The Atlantic Launches New Subscription Plans and Introduces A Metered Model

Today, The Atlantic launched a digital subscription service: offering three new subscription plans and introducing a metered model on the website. Readers may now view five articles each month before being asked to choose an annual subscription in exchange for unlimited access to The Atlantic’s journalism and other benefits. We’ve created Digital, Print + Digital, and Premium bundles; details and pricing are available here.

In a letter to readers this morning, editor in chief Jeffrey Goldberg wrote: “From the very first issue—cover price 25 cents—our magazine has relied on readers who recognize the value of ideas; who believe that rigorous reporting, critical thinking, independent analysis, and beautiful writing are things worth cherishing. … My dream is that the steps we take in this period—a difficult one for our industry, as you no doubt know—will guarantee that our magazine will celebrate its bicentennial as a flourishing and indispensable creator of the world’s best journalism.”

Shared below is a memo to The Atlantic’s staff from Michael Finnegan, president of Atlantic Media, that speaks to the subscription strategy and to this moment.


Memo to The Atlantic’s Staff
From Michael Finnegan, President of Atlantic Media

Dear Colleagues:

Today marks an important moment: the relaunch of our subscriptions strategy—and, even more significantly, a new chapter in the history of The Atlantic.

As of this morning, you might not necessarily notice any dramatic changes on our website, save one: When a visitor lands on an article, they’ll see a message, gracefully placed at the bottom of the screen, letting them know they can read four more articles this month. If they’d like to read more than five in total, which we hope they do, we’ll be asking them to subscribe.

This change represents something far bigger than charging for unlimited access to our journalism. It’s about redoubling our focus on building deeper, more continuous, more integral relationships with our readers. We aim to do more than publish and distribute some of the best reporting and storytelling in the business. We want to become an indispensable part of our readers’ lives.

We want The Atlantic to be, for example, the perfect complement to a person’s morning news brief; we want to be their mind-expanding lunch-break read, their intriguing evening wind-down, their considered weekend reflection. Which is to say, we want to become a daily habit.

We believe that our product is right for the market, and for the moment we’re in. First, people have already been paying for The Atlantic, for nearly 162 years. But second, we know from extensive research that there are distinct qualities readers value in our journalism. They appreciate how we constantly strive to uphold our founding promise to be “of no party or clique”—and how our arguments often challenge their preconceived ideas about the world, and run against the grain of popular wisdom. They turn to us to sharpen their perspectives and develop their expertise. They see us as a refuge of remarkable prose.

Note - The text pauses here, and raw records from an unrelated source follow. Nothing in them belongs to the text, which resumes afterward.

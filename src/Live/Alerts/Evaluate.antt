-- ===== src/Live/Alerts/Evaluate.antt =====
-- The evaluation of oad_parser/live/alerts.py: the alerts of a record or of a parse error, their
-- overrides, and the fields that they give the record. The parser's warnings have no part in it.
use oad_parser.Common.{
  ℕ, Option, none, some, List, [], ◌∷◌, ◌++◌, Bool, true, false, not, ◌&&◌, ◌||◌, ltb,
  if◌then◌else◌, Result, ok, err, key_error, ◌>>=◌,
}
use oad_parser.Common.Text.{Text, codes}
use oad_parser.Common.Dict.{equals_text, lookup}
use oad_parser.Common.Value.{
  Value, null, text, sequence, Fields, Python, get, find, put, str, is_truthy, mappings,
}
use oad_parser.Detect.Record.{Floats}
use oad_parser.Live.Alerts.Taxonomy.{ecg_cd2_002, make_alert, severity_rank}
use oad_parser.Live.Alerts.Config.{Numbers, AlertOverride, EcgAlertConfig}
use oad_parser.Live.Alerts.Evidence.{malformed_evidence}
use oad_parser.Live.Alerts.Checks.{
  is_nonempty, alert_if, missing_required_word_alerts, checksum_alerts, configured_alerts,
}
use oad_parser.Live.Alerts.Rules.{custom_rule_alerts}

-- `str(alert.get("id")), str(alert.get("details"))`
abbrev pub alert_key : Python → Fields → Text × Text
alert_key py alert = (str py (get (codes "id") alert), str py (get (codes "details") alert))

abbrev pub equals_alert_key : Text × Text → Text × Text → Bool
equals_alert_key (id, details) (id', details') = equals_text id id' && equals_text details details'

abbrev pub is_seen : Text × Text → List (Text × Text) → Bool
is_seen key [] = false
is_seen key (k ∷ keys) = equals_alert_key k key || is_seen key keys

module _ (py : Python) where
  unfoldable pub deduplicate_loop : List (Text × Text) → List Fields → List Fields
  deduplicate_loop seen [] = []
  deduplicate_loop seen (alert ∷ alerts) = elim (is_seen (alert_key py alert) seen) [
    | true ↦ deduplicate_loop seen alerts
    | false ↦ alert ∷ deduplicate_loop (alert_key py alert ∷ seen) alerts
  ]

  unfoldable pub deduplicate_alerts : List Fields → List Fields
  deduplicate_alerts alerts = deduplicate_loop [] alerts

  abbrev pub rank_of : Fields → ℕ
  rank_of alert = severity_rank (str py (get (codes "severity") alert))

  -- `max` by the severity's rank, and by the position among equals: the first one.
  unfoldable pub select_loop : Fields → List Fields → Fields
  select_loop best [] = best
  select_loop best (alert ∷ alerts) =
      select_loop (if ltb (rank_of best) (rank_of alert) then alert else best) alerts

  -- `alert[key]`
  abbrev pub item_of : Option Value → Result Value
  item_of none = err key_error
  item_of (some v) = ok v

  unfoldable pub apply_legacy_alert_fields : Fields → List Fields → Result Fields
  apply_legacy_alert_fields record' [] = ok (
      put (codes "alert_details") null
        (put (codes "alert") null (put (codes "alerts") (sequence (mappings [])) record')))
  apply_legacy_alert_fields record' (alert ∷ alerts) =
      let selected = select_loop alert alerts in
      do
        id ← item_of (find (codes "id") selected)
        details ← item_of (find (codes "details") selected)
        ok (
            put (codes "alert_details") details (
              put (codes "alert") id
                (put (codes "alerts") (sequence (mappings (alert ∷ alerts))) record')))

  module _ (fs : Floats) (n : Numbers fs) where
    abbrev is_switched_off : Option Bool → Bool
    is_switched_off none = false
    is_switched_off (some enabled) = not enabled

    abbrev pub is_disabled : Option AlertOverride → Bool
    is_disabled none = false
    is_disabled (some override) = is_switched_off override.enabled

    abbrev pub with_severity : Option Text → Fields → Fields
    with_severity (some (c ∷ t)) alert =
        put (codes "event.severity") (text (c ∷ t)) (put (codes "severity") (text (c ∷ t)) alert)
    with_severity (some []) alert = alert
    with_severity none alert = alert

    abbrev pub overridden : Option AlertOverride → Fields → Fields
    overridden none alert = alert
    overridden (some override) alert = with_severity override.severity alert

    -- `str(alert.get("id") or "")`
    abbrev pub override_key : Fields → Text
    override_key alert = let id = get (codes "id") alert in if is_truthy id then str py id else []

    unfoldable pub override_loop : List (Text × AlertOverride) → List Fields → List Fields
    override_loop overrides [] = []
    override_loop overrides (alert ∷ alerts) =
        let rest = override_loop overrides alerts in
        let override = lookup (override_key alert) overrides in
        if is_disabled override then rest else overridden override alert ∷ rest

    unfoldable pub apply_alert_overrides : List Fields → Option (EcgAlertConfig fs) → List Fields
    apply_alert_overrides alerts none = alerts
    apply_alert_overrides alerts (some config) =
        if is_nonempty config.desired_alert_overrides
        then override_loop config.desired_alert_overrides alerts
        else alerts

    abbrev pub rules_of : Fields → Option (EcgAlertConfig fs) → List Fields
    rules_of record' none = []
    rules_of record' (some config) = custom_rule_alerts py fs n record' config

    abbrev finished : Fields → List Fields → Option (EcgAlertConfig fs) → List Fields
    finished record' alerts config =
        deduplicate_alerts (apply_alert_overrides alerts config ++ rules_of record' config)

    unfoldable pub evaluate_ecg_record_alerts :
        Fields → List ℕ → Option (EcgAlertConfig fs) → List Fields
    evaluate_ecg_record_alerts record' data_words config =
        finished record'
          (missing_required_word_alerts py record' data_words
            ++ checksum_alerts py fs n record' config
            ++ configured_alerts py fs n record' config)
          config

    unfoldable pub evaluate_ecg_parse_error_alerts :
        Fields → Text → Text → Text → Option (EcgAlertConfig fs) → List Fields
    evaluate_ecg_parse_error_alerts record' error_code error_message parser_stage config =
        finished record'
          (alert_if (not (equals_text error_code (codes "ecg_outer_message_not_surveillance"))) (
              make_alert ecg_cd2_002
                (codes
                  "Malformed ECG/CD2 frame length or message block was observed; parser emitted a rejected-frame record instead of silently dropping it.")
                (malformed_evidence record' error_code error_message parser_stage))
            ++ checksum_alerts py fs n record' config
            ++ configured_alerts py fs n record' config)
          config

Readers tell us they love how in one moment they can be reading about America’s fraught political moment; the next, a debate about how early one should arrive at the airport; the next, an argument to upend the business of elite collegiate athletics; and so on. In other words, we’re the place where both the generalist and the specialist, the novice and the expert, can find deeper meaning and intellectual stimulation, so long as they bring a curious mind and an interest in the truth. And, crucially, we’re one of only a handful of national American journalism institutions that has stood for open debate, honest inquiry, and fact-driven reporting and analysis for more than a century and a half.

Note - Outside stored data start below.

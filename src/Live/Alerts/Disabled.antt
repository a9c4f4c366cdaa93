-- ===== src/Live/Alerts/Disabled.antt =====
-- An alert that the policy of oad_parser/live/alerts.py switches off is not reported.
use oad_parser.Common.{
  ◌≡◌, refl, subst, true, false, Option, none, some, List, [], ◌∷◌, ◌++◌, ℕ, if◌then◌else◌,
  if_intro, case_intro, Bool-cases, inl, inr, All,
}
use oad_parser.Common.Text.{Text, codes}
use oad_parser.Common.Dict.{equals_text, equals_text→≡, lookup}
use oad_parser.Common.Value.{text, Fields, Python, find, get, put, str}
use oad_parser.Common.Put.{get-put_other}
use oad_parser.Detect.Record.{Floats}
use oad_parser.Live.Alerts.Taxonomy.{alert_fields}
use oad_parser.Live.Alerts.Config.{Numbers, AlertOverride, CustomAlertRule, EcgAlertConfig}
use oad_parser.Live.Alerts.Rules.{rule_alerts, rule_applies, custom_rule_alerts}
use oad_parser.Live.Alerts.Checks.{is_nonempty}
use oad_parser.Live.Alerts.Evaluate.{
  alert_key, is_seen, deduplicate_loop, deduplicate_alerts, is_disabled, with_severity, overridden,
  override_key, override_loop, apply_alert_overrides, evaluate_ecg_record_alerts,
}

pub All-append {ℓ} :
    {A : Type ℓ} (P : A → Type 0) (xs ys : List A) → All P xs → All P ys → All P (xs ++ ys)
All-append P [] ys h k = k
All-append P (x ∷ xs) ys (first, h) k = (first, All-append P xs ys h k)

module _ (py : Python) where
  deduplicate_loop-All :
      (P : Fields → Type 0) (seen : List (Text × Text)) (alerts : List Fields)
      → All P alerts
      → All P (deduplicate_loop py seen alerts)
  unfolding deduplicate_loop
  deduplicate_loop-All P seen [] h = tt
  deduplicate_loop-All P seen (a ∷ alerts) (first, h) =
      case_intro (All P) (is_seen (alert_key py a) seen) _ _
        (λ _. deduplicate_loop-All P seen alerts h)
        λ _. (first, deduplicate_loop-All P (alert_key py a ∷ seen) alerts h)

  module _ (fs : Floats) (n : Numbers fs) where
    abbrev pub IsOther : Text → Fields → Type 0
    IsOther id a = equals_text (override_key py fs n a) id ≡ false

    override_key-severity :
        (severity : Option Text) (a : Fields)
        → override_key py fs n (with_severity py fs n severity a) ≡ override_key py fs n a
    override_key-severity none a = refl
    override_key-severity (some []) a = refl
    override_key-severity (some (c ∷ t)) a =
        rw
          (
            get-put_other (codes "event.severity") (codes "id") (text (c ∷ t))
                (put (codes "severity") (text (c ∷ t)) a) refl,
            get-put_other (codes "severity") (codes "id") (text (c ∷ t)) a refl,
          )
          refl

    override_key-overridden :
        (o : Option AlertOverride) (a : Fields)
        → override_key py fs n (overridden py fs n o a) ≡ override_key py fs n a
    override_key-overridden none a = refl
    override_key-overridden (some o) a = override_key-severity o.severity a

    -- What is not switched off has another id.
    enabled-IsOther :
        (id : Text) (overrides : List (Text × AlertOverride)) (key : Text)
        → is_disabled py fs n (lookup id overrides) ≡ true
        → is_disabled py fs n (lookup key overrides) ≡ false
        → equals_text key id ≡ false
    enabled-IsOther id overrides key off on = elim (Bool-cases (equals_text key id)) [
      | inl same ↦ absurd (
          cc (
            off,
            subst (λ k. is_disabled py fs n (lookup k overrides) ≡ false)
                (equals_text→≡ key id same) on,
          ))
      | inr other ↦ other
    ]

    override_loop-AreOthers :
        (id : Text) (overrides : List (Text × AlertOverride)) (alerts : List Fields)
        → is_disabled py fs n (lookup id overrides) ≡ true
        → All (IsOther id) (override_loop py fs n overrides alerts)
    unfolding override_loop
    override_loop-AreOthers id overrides [] off = tt
    override_loop-AreOthers id overrides (a ∷ alerts) off =
        let o = lookup (override_key py fs n a) overrides in
        if_intro (All (IsOther id)) (is_disabled py fs n o) _ _
          (λ _. override_loop-AreOthers id overrides alerts off)
          λ on. (
            rw (override_key-overridden o a)
                (enabled-IsOther id overrides (override_key py fs n a) off on),
            override_loop-AreOthers id overrides alerts off,
          )

    overrides-AreOthers :
        (id : Text) (overrides : List (Text × AlertOverride)) (alerts : List Fields)
        → is_disabled py fs n (lookup id overrides) ≡ true
        → All
            (IsOther id)
            (if is_nonempty overrides then override_loop py fs n overrides alerts else alerts)
    overrides-AreOthers id [] alerts off = absurd (cc off)
    overrides-AreOthers id (o ∷ overrides) alerts off =
        override_loop-AreOthers id (o ∷ overrides) alerts off

    -- No custom rule has the id.
    abbrev pub NoRule : Text → List CustomAlertRule → Type 0
    NoRule id rules = All (λ r. equals_text r.id id ≡ false) rules

    override_key-rule :
        (id name severity category details : Text) (evidence rest : Fields)
        → override_key py fs n (alert_fields id name severity category details evidence rest) ≡ id
    unfolding get find str
    override_key-rule [] name severity category details evidence rest = refl
    override_key-rule (c ∷ t) name severity category details evidence rest = refl

    rule_alerts-AreOthers :
        (id : Text) (record' : Fields) (rules : List CustomAlertRule)
        → NoRule id rules
        → All (IsOther id) (rule_alerts py fs n record' rules)
    unfolding rule_alerts
    rule_alerts-AreOthers id record' [] h = tt
    rule_alerts-AreOthers id record' (r ∷ rules) (first, h) =
        if_intro (All (IsOther id)) (rule_applies py fs n record' r) _ _
          (λ _. (
            rw (override_key-rule r.id _ _ _ _ _ _) first,
            rule_alerts-AreOthers id record' rules h,
          ))
          λ _. rule_alerts-AreOthers id record' rules h

    -- An alert whose id the policy switches off is not among those that `evaluate_ecg_record_alerts`
    -- reports of a record, unless a custom rule has that id. The alerts that live/pipeline.py adds from
    -- earlier records are not among these.
    pub evaluate_ecg_record_alerts-disabled :
        (id : Text) (record' : Fields) (data_words : List ℕ) (config : EcgAlertConfig fs)
        → is_disabled py fs n (lookup id config.desired_alert_overrides) ≡ true
        → NoRule id config.custom_rules
        → All (IsOther id) (evaluate_ecg_record_alerts py fs n record' data_words (some config))
    unfolding evaluate_ecg_record_alerts deduplicate_alerts apply_alert_overrides custom_rule_alerts
    evaluate_ecg_record_alerts-disabled id record' data_words config off none_named =
        deduplicate_loop-All (IsOther id) [] _ (
          All-append (IsOther id) _ (rule_alerts py fs n record' config.custom_rules)
            (overrides-AreOthers id config.desired_alert_overrides _ off)
            (rule_alerts-AreOthers id record' config.custom_rules none_named))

Getting to today has taken a herculean effort. Our teams have been working tirelessly, over long nights and even some long weekends, on the design of our digital subscription strategy. We have added talent, doubling the product, engineering, and growth teams to ensure we have the right resources, strategies, and partners in place to be successful. And, we’ve significantly expanded our editorial team to provide deeper and wider coverage for our growing and increasingly loyal audience. As our editor in chief, Jeffrey Goldberg, wrote to readers this morning: “Today, our battalion of reporters and commentators cover the globe, providing our readers with comprehensive coverage of technological change, cultural dislocation, and political chaos; and with stories that help make sense of daily life.”

Success starts with a truly exceptional product; I couldn’t be more confident in what we are delivering today, or thankful to the teams who have helped us get here. This is an all-enterprise affair. While not everyone will be working directly on building our consumer-revenue business, we all need to be invested in its success.

The Atlantic has been fortunate to find audiences—and partners who want to reach those audiences—throughout our history. We now need to find many, many more readers who want to regularly engage with and ultimately pay for our journalism. That won’t be easy, but we have all of the raw ingredients and infrastructure to make it happen. Each of us, though, has to own the whole. The Atlantic will only thrive to the degree we all make sure it does.

To put it more succinctly: I couldn’t be more excited to embark on this next phase with you.